A dona de casa Leon Mosiane, 38, estava dando banho na filha de 10 anos de idade quando o terremoto começou. Pegou-a no colo e correu para fora da casa na região de Na Zon, norte de Porto Príncipe. Salvou a filha, mas não a si mesma. Uma coluna de concreto caiu sobre Leon e esmagou sua perna esquerda.
Ela conseguiu se arrastar até a rua com dificuldade. Horas depois, alguns homens a recolheram e a puseram em um caminhão lotado de feridos. Foi levada a Jimani, na República Dominicana, onde foi operada. "Eu estava sofrendo demais. Minha perna estava doendo tanto que eu não conseguia nem saber quem é que estava me levando para Jimani. Quando acordei da cirurgia, vi várias camas. Em cada uma tinha uma pessoa amputada”, lembra Leon.
Recuperação
Com um sistema de saúde público esgotado, são as organizações não-governamentais que tomam a frente da maior parte dos tratamentos de reabilitação para os amputados do terremoto de 12 de janeiro. “Não há dados oficiais, mas estima-se que pelo menos 1,5 mil haitianos tenham tido membros amputados ou algum tipo de paralisia em razão de lesões na medula espinhal”, diz Reinier Carabain, diretor do centro de reabilitação da Handicap International, uma das 15 ONGs que fazem esse tipo de trabalho no Haiti.

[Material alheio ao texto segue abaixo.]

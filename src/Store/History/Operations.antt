-- ===== src/Store/History/Operations.antt =====
-- The functions of server/internal/store/{threads,messages}.go, built from their statements.
use clawgard.Prelude.{ℕ, ◌≡◌, refl, String}
use clawgard.Exec.{Result, ok, err}
use clawgard.Exec.Respects.{
  Respects-atom, Respects-at, Respects-pure, Respects-leave, Respects-bind, Respects-then,
}
use clawgard.Store.Db.{Db, ThreadRow, Error}
use clawgard.Store.Threads.{
  open_thread, get, or_not_found, close, explain, or_explain, increment_turns, touch_activity,
  list_idle_open, scan_thread,
}
use clawgard.Store.Messages.{NewMessage, append, ignore_error, list, list_since}
use clawgard.Store.History.{Evolves, Evolves-order}
use clawgard.Store.History.Statements.{
  Sound, statement-Sound, read-Sound, new_uuid-Sound, update_close-Sound, update_turns-Sound,
  update_activity-Sound,
}
use clawgard.Store.History.Inserts.{insert_thread-Sound, select_thread-Sound, insert_message-Sound}

pub open_thread-Sound : (buddy : ℕ) (email : String) → Sound (open_thread buddy email)
unfolding open_thread
open_thread-Sound buddy email = Respects-bind Evolves _ _ new_uuid-Sound λ id.
    Respects-bind Evolves _ _ (statement-Sound _ (insert_thread-Sound id buddy email))
      λ row. Respects-pure Evolves (scan_thread row)

or_not_found-state : (x : Result Error ThreadRow × Db) → (or_not_found x).1 ≡ x.1
or_not_found-state (ok row, db) = refl
or_not_found-state (err e, db) = refl

pub get-Sound : (id : ℕ) → Sound (get id)
unfolding get
get-Sound id = Respects-atom _ (λ db.
    rw or_not_found-state
      (Respects-at Evolves-order (statement-Sound _ (select_thread-Sound id)) db))

pub close-Sound : (id : ℕ) (reason : String) → Sound (close id reason)
unfolding close
close-Sound id reason = statement-Sound _ (update_close-Sound id reason)

explain-Sound : (id : ℕ) → Sound (explain id)
unfolding explain
explain-Sound id = Respects-bind Evolves _ _ (get-Sound id) λ t. Respects-leave Evolves _

or_explain-Sound : (id : ℕ) (r : Result Error ℕ) → Sound (λ db. or_explain id (r, db))
or_explain-Sound id (ok n) = Respects-pure Evolves n
or_explain-Sound id (err e) = explain-Sound id

-- The UPDATE is one step and the read that explains its failure another.
pub increment_turns-Sound : (id : ℕ) → Sound (increment_turns id)
unfolding increment_turns
increment_turns-Sound id =
    Respects-then _ (λ r db. or_explain id (r, db)) (statement-Sound _ (update_turns-Sound id))
      (or_explain-Sound id)

pub touch_activity-Sound : (id : ℕ) → Sound (touch_activity id)
unfolding touch_activity
touch_activity-Sound id = statement-Sound _ (update_activity-Sound id)

pub list_idle_open-Sound : (cutoff : ℕ) → Sound (list_idle_open cutoff)
unfolding list_idle_open
list_idle_open-Sound cutoff = statement-Sound _ (read-Sound _)

ignore_error-state {ℓ} : {A : Type ℓ} (x : Result Error (Unit {0}) × A) → (ignore_error x).1 ≡ x.1
ignore_error-state (r, s) = refl

pub append-Sound : (m : NewMessage) → Sound (append m)
unfolding append
append-Sound m = Respects-bind Evolves _ _ new_uuid-Sound λ id.
    Respects-bind Evolves _ _ (statement-Sound _ (insert_message-Sound id m))
      λ msg. Respects-bind Evolves _ _ touched λ _. Respects-pure Evolves msg
  where
    touched : Sound (λ db. ignore_error (touch_activity m.thread_id db))
    touched =
        Respects-atom _ (λ db. Respects-at Evolves-order (touch_activity-Sound m.thread_id) db)

pub list-Sound : (id : ℕ) → Sound (list id)
unfolding list
list-Sound id = statement-Sound _ (read-Sound _)

pub list_since-Sound : (id since : ℕ) → Sound (list_since id since)
unfolding list_since
list_since-Sound id since = statement-Sound _ (read-Sound _)
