-- ===== src/Store/History/Accounts.antt =====
-- The functions of server/internal/store/buddies.go and the history of the tables.
use clawgard.Prelude.{
  ℕ, ◌≡◌, refl, inl, inr, ◌⊎◌, subst, String, Bool, true, ◌&&◌, Option, none, some, List, [], ◌∷◌,
  ◌++◌, arith, exists, find?, update_where, All, All-append, update_where-All, Bool-cases,
  Option-cases, nat_eq, ◌||◌, ◌==◌, Comparable-String, not,
}
use mathlib.Core.Option.{some-injective}
use clawgard.Exec.{Result, ok, err}
use clawgard.Exec.Respects.{Respects-atom, Respects-at, Respects-bind}
use clawgard.Store.Db.{Db, BuddyRow, Error, no_rows, Sql, statement, check_acl_mode}
use clawgard.Store.Buddies.{
  Acl, NewBuddy, UpdateBuddy, scan_row, is_live, is_null, new_buddy_row, insert_buddy, create,
  users_or_empty, select_buddy, get_by_id, list_for_caller, list_all, set_description,
  set_acl_columns, set_acl, update_row, update, update_live, delete, touch_last_seen,
  update_api_key_hash,
}
use clawgard.Store.History.{
  Grows, Grows-refl, Grows-append, Grows-update_where, ThreadAdvances, ThreadAdvances-refl,
  BuddyAdvances, BuddyAdvances-refl, Evolves, Evolves-order,
}
use clawgard.Store.History.Statements.{Sound, statement-Sound, read-Sound, new_uuid-Sound}

-- A change of the table of buddies alone.
buddies-Evolves :
    (db : Db) (bs : List BuddyRow)
    → Grows BuddyAdvances db.buddies bs
    → (All (λ b. check_acl_mode b.acl_mode ≡ true) db.buddies
        → All (λ b. check_acl_mode b.acl_mode ≡ true) bs)
    → Evolves db (record db { buddies = bs })
buddies-Evolves db bs g m = record {
  advances = record {
    threads = Grows-refl ThreadAdvances ThreadAdvances-refl db.threads;
    buddies = g;
    messages = Grows-refl (λ m n. n ≡ m) (λ m. refl) db.messages;
    clock = omega arith;
  };
  sound = λ s. record {
    threads = s.threads;
    unique = s.unique;
    messages = s.messages;
    modes = m s.modes;
  };
}

update_buddies-Evolves :
    (p : BuddyRow → Bool) (f : BuddyRow → BuddyRow)
    → ((r : BuddyRow) → p r ≡ true → BuddyAdvances r (f r))
    → ((r : BuddyRow)
        → check_acl_mode r.acl_mode ≡ true
        → p r ≡ true
        → check_acl_mode (f r).acl_mode ≡ true)
    → (db : Db) → Evolves db (record db { buddies = update_where p f db.buddies })
update_buddies-Evolves p f adv modes db =
    buddies-Evolves db (update_where p f db.buddies)
      (Grows-update_where BuddyAdvances BuddyAdvances-refl p f db.buddies adv)
      (update_where-All (λ b. check_acl_mode b.acl_mode ≡ true) p f db.buddies modes)

insert_buddy-Sound : (id : ℕ) (b : NewBuddy) (us : List String) → Sound (insert_buddy id b us)
unfolding insert_buddy
insert_buddy-Sound id b us = Respects-atom _ (λ db.
    elim (Bool-cases (
      not (exists (λ r. nat_eq r.id id || r.name == b.name) db.buddies)
      && check_acl_mode b.acl.mode)) [
        | inl fine ↦ rw fine (
            buddies-Evolves db (db.buddies ++ new_buddy_row id b us db.now ∷ [])
              (Grows-append BuddyAdvances BuddyAdvances-refl db.buddies _)
              (λ m.
                All-append (λ x. check_acl_mode x.acl_mode ≡ true) db.buddies _ m
                  (ground arith, tt)))
        | inr bad ↦ rw bad (Evolves-order.same db)
      ])

scan_row-state : (x : Result Error BuddyRow × Db) → (scan_row x).1 ≡ x.1
scan_row-state (ok row, db) = refl
scan_row-state (err no_rows, db) = refl
scan_row-state (err e, db) = refl

-- `scanBuddy` after a statement.
scanned-Sound : (m : Sql BuddyRow) → Sound m → Sound (λ db. scan_row (statement m db))
scanned-Sound m h =
    Respects-atom _ (λ db. rw scan_row-state (Respects-at Evolves-order (statement-Sound m h) db))

pub create-Sound : (b : NewBuddy) → Sound (create b)
unfolding create
create-Sound b =
    Respects-bind Evolves _ _ new_uuid-Sound
      λ id. scanned-Sound _ (insert_buddy-Sound id b (users_or_empty b.acl.users))

select_buddy-Sound : (p : BuddyRow → Bool) → Sound (select_buddy p)
unfolding select_buddy
select_buddy-Sound p = Respects-atom _ (λ db. elim (Option-cases (find? p db.buddies)) [
  | inl e ↦ rw (e, select_buddy) (Evolves-order.same db)
  | inr (row, e) ↦ rw (e, select_buddy) (Evolves-order.same db)
])

pub get_by_id-Sound : (id : ℕ) → Sound (get_by_id id)
unfolding get_by_id
get_by_id-Sound id = scanned-Sound _ (select_buddy-Sound (is_live id))

pub list_for_caller-Sound :
    (email : String) (groups : List String) → Sound (list_for_caller email groups)
unfolding list_for_caller
list_for_caller-Sound email groups = statement-Sound _ (read-Sound _)

pub list_all-Sound : Sound list_all
unfolding list_all
list_all-Sound = statement-Sound _ (read-Sound _)

abbrev same_row : BuddyRow → BuddyRow
same_row r = r

-- The SET clause leaves the ACL alone, or writes one whose mode has passed the CHECK.
set_acl-cases :
    (o : Option Acl) (f : BuddyRow → BuddyRow)
    → set_acl o ≡ some f
    → (some same_row ≡ some f)
      ⊎ ((acl : Acl) × (us : List String) × (some (set_acl_columns acl us) ≡ some f)
          × (check_acl_mode acl.mode ≡ true))
set_acl-cases none f h = inl h
set_acl-cases (some acl) f h = elim (Option-cases acl.users) [
  | inl e ↦ absurd (cc (rw e at h))
  | inr (us, e) ↦ elim (Bool-cases (check_acl_mode acl.mode)) [
    | inl fine ↦ inr (acl, us, rw (e, fine) at h, fine)
    | inr bad ↦ absurd (cc (rw (e, bad) at h))
  ]
]

set_acl-advances :
    (o : Option Acl) (d : Option String) (f : BuddyRow → BuddyRow) (r : BuddyRow)
    → set_acl o ≡ some f
    → BuddyAdvances r (f (set_description d r))
set_acl-advances o d f r h = elim (set_acl-cases o f h) [
  | inl e ↦
      subst (λ g. BuddyAdvances r (g (set_description d r))) (some-injective _ _ e) (ground arith)
  | inr (acl, us, e, m) ↦
      subst (λ g. BuddyAdvances r (g (set_description d r))) (some-injective _ _ e) (ground arith)
]

set_acl-mode :
    (o : Option Acl) (d : Option String) (f : BuddyRow → BuddyRow) (r : BuddyRow)
    → set_acl o ≡ some f
    → check_acl_mode r.acl_mode ≡ true
    → check_acl_mode (f (set_description d r)).acl_mode ≡ true
set_acl-mode o d f r h m = elim (set_acl-cases o f h) [
  | inl e ↦
      subst (λ g. check_acl_mode (g (set_description d r)).acl_mode ≡ true) (some-injective _ _ e)
        (kept d)
  | inr (acl, us, e, fine) ↦
      subst (λ g. check_acl_mode (g (set_description d r)).acl_mode ≡ true) (some-injective _ _ e)
        fine
]
  where
    kept : (d : Option String) → check_acl_mode (set_description d r).acl_mode ≡ true
    kept none = m
    kept (some t) = m

update_row-Sound : (id : ℕ) (u : UpdateBuddy) → Sound (update_row id u)
unfolding update_row
update_row-Sound id u = Respects-atom _ (λ db. elim (Option-cases (find? (is_live id) db.buddies)) [
  | inl e ↦ rw (e, update_row) (Evolves-order.same db)
  | inr (row, e) ↦ elim (Option-cases (set_acl u.acl)) [
    | inl broken ↦ rw (e, broken, update_row) (Evolves-order.same db)
    | inr (f, fine) ↦
        rw (e, fine, update_row)
          (update_buddies-Evolves (is_live id) (λ x. f (set_description u.description x))
            (λ r _. set_acl-advances u.acl u.description f r fine)
            (λ r m _. set_acl-mode u.acl u.description f r fine m) db)
  ]
])

pub update-Sound : (id : ℕ) (u : UpdateBuddy) → Sound (update id u)
unfolding update
update-Sound id u = Respects-atom _ (λ db.
    elim (Bool-cases (is_null u.description && is_null u.acl)) [
      | inl empty ↦ rw empty (Respects-at Evolves-order (get_by_id-Sound id) db)
      | inr some_set ↦
          rw some_set (Respects-at Evolves-order (scanned-Sound _ (update_row-Sound id u)) db)
    ])

update_live-Sound :
    (id : ℕ) (f : ℕ → BuddyRow → BuddyRow)
    → ((now : ℕ) (r : BuddyRow) → is_live id r ≡ true → BuddyAdvances r (f now r))
    → ((now : ℕ) (r : BuddyRow) → (f now r).acl_mode ≡ r.acl_mode)
    → Sound (update_live id f)
unfolding update_live
update_live-Sound id f adv mode = Respects-atom _ (λ db.
    elim (Bool-cases (exists (is_live id) db.buddies)) [
      | inl there ↦ rw there (
          update_buddies-Evolves (is_live id) (f db.now) (adv db.now)
            (λ r m _. rw (mode db.now r) m) db)
      | inr missing ↦ rw missing (Evolves-order.same db)
    ])

pub delete-Sound : (id : ℕ) → Sound (delete id)
unfolding delete
delete-Sound id =
    statement-Sound _ (update_live-Sound id _ (λ now r h. ground arith) (λ now r. refl))

pub touch_last_seen-Sound : (id : ℕ) → Sound (touch_last_seen id)
unfolding touch_last_seen
touch_last_seen-Sound id = statement-Sound _ (
    Respects-atom _ (λ db.
      update_buddies-Evolves (λ r. nat_eq r.id id) (λ r. record r { last_seen_at = some db.now })
        (λ r h. ground arith) (λ r m _. m) db))

pub update_api_key_hash-Sound : (id : ℕ) (hash : String) → Sound (update_api_key_hash id hash)
unfolding update_api_key_hash
update_api_key_hash-Sound id hash =
    statement-Sound _ (update_live-Sound id _ (λ now r h. ground arith) (λ now r. refl))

Pascal Kodjo é um ortopedista togolês que trabalha na confecção de próteses e órteses (bengalas, andadores, etc) no centro da Handicap, próximo à região do Champ Du Mars. Ele já atuou em regiões de conflito armado como Moçambique, Serra Leoa e Libéria, mas diz que apesar de o número de amputados ser menor que em Angola, que sofre com as minas terrestres, o impacto psicológico da tragédia haitiana é muito mais intenso. "Não havia conflito aqui. Um dia as pessoas estavam normais, e no outro tinham de aprender a conviver com uma amputação. Não houve guerra, mina ou tiro de fuzil. Todos foram pegos de surpresa", disse Pascal.
Reinier Carabain diz que a maior dificuldade para o tratamento dos haitianos é a falta de estrutura na qual eles vivem atualmente. Há mais de um milhão de pessoas vivendo em campos de desabrigados e isso dificulta o acesso dos pacientes aos centros das organizações. Outra dificuldade é a falta de mão-de-obra especializada na fabricação das próteses e das órteses. “Estamos formando alguns alunos haitianos para que depois que nossa missão termine, eles possam dar continuidade a esse trabalho”, diz Pascal Kodjo, responsável pelo treinamento dos haitianos.
Leon Mosiane, que salvou a filha da morte, tenta se recuperar psicológica e fisicamente da perda de sua perna. Além da perna, perdeu a casa e agora vive em uma barraca em um campo de desabrigados próximo à região onde morava. Mãe solteira e desempregada, depende de doações para alimentar a filha que conseguiu salvar. “Uma parte da minha vida ficou para trás. Nunca mais eu vou ter. Tenho que viver e olhar para frente, mas é difícil”, diz entre uma sessão de fisioterapia e outra.
Segundo Pascal, são as crianças que se recuperam mais rapidamente. O pequeno Jean Baptiste talvez ainda não entenda ao certo a magnitude de sua perda. Ele apenas olha para o vazio.